=== Required action ===
Every line of the material below that contains the string "none" must appear in the answer.

===== Exercise inputs

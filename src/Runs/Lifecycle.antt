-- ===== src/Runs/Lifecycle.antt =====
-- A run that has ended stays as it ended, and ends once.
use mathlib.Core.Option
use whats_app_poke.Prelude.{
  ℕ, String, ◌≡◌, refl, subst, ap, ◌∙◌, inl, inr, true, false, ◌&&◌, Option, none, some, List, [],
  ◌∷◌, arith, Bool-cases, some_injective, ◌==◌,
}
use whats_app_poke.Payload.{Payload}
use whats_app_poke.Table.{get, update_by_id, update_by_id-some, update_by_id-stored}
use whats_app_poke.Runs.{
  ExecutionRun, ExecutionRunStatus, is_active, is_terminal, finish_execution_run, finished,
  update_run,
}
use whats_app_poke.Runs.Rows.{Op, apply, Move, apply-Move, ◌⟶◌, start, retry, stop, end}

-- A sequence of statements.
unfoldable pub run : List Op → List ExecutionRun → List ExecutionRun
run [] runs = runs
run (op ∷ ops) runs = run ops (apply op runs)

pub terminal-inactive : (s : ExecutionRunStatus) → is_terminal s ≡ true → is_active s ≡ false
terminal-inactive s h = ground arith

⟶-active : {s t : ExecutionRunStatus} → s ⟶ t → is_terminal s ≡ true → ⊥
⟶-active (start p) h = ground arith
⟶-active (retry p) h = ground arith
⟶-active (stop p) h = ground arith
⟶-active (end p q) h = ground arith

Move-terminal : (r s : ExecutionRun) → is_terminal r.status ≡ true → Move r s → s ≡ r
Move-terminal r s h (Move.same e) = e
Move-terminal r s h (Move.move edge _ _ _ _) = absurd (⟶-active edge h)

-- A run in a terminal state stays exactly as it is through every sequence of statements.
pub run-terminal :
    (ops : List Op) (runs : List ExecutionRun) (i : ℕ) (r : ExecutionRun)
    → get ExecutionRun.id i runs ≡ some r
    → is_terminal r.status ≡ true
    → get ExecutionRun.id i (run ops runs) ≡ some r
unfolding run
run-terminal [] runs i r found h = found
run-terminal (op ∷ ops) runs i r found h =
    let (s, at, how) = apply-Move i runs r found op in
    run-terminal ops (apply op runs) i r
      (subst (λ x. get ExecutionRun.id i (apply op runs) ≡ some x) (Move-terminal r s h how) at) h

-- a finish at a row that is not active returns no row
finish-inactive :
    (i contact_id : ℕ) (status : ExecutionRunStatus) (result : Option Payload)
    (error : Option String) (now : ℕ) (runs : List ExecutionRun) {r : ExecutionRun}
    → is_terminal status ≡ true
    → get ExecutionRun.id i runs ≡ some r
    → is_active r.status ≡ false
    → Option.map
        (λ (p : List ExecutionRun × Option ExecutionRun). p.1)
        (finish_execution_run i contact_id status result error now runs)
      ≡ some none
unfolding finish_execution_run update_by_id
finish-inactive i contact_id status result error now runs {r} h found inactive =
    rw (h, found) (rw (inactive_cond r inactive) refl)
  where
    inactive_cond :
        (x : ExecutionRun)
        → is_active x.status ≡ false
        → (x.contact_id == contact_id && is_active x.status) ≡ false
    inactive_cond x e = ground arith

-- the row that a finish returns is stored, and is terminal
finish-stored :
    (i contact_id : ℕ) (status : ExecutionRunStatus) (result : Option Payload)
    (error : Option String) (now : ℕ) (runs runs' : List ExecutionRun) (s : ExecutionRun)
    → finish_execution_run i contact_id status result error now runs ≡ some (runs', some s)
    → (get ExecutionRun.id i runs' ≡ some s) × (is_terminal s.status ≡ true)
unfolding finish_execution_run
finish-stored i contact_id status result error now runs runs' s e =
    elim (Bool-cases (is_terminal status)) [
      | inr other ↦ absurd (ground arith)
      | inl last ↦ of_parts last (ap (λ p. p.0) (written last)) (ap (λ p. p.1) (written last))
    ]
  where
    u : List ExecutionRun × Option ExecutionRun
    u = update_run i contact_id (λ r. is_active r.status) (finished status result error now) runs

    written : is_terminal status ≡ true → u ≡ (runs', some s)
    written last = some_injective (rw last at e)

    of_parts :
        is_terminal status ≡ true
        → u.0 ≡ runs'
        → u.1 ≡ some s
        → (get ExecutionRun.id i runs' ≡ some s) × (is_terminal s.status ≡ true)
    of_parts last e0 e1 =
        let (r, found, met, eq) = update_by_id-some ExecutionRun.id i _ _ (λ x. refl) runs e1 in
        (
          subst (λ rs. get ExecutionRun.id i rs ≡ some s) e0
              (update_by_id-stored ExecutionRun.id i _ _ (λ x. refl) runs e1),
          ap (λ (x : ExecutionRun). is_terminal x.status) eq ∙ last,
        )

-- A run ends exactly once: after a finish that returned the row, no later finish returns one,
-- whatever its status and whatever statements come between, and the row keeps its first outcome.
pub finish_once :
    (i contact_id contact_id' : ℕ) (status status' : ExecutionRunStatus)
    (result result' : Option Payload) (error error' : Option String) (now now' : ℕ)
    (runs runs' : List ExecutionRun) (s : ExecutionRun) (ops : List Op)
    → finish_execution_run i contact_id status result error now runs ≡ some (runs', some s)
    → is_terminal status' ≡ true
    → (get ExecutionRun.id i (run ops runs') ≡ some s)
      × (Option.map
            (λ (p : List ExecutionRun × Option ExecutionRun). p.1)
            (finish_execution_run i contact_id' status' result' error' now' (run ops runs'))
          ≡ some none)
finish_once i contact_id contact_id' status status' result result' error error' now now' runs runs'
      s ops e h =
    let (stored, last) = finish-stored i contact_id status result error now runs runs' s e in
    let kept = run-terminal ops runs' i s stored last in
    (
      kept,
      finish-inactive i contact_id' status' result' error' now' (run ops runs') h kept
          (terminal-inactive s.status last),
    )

==========

=== Solution to this exercise ===
  ℕ, String, ◌≡◌, refl, subst, ap, ◌∙◌, inl, inr, true, false, ◌&&◌, Option, none, some, List, [],
      ≡ some none
          ≡ some none)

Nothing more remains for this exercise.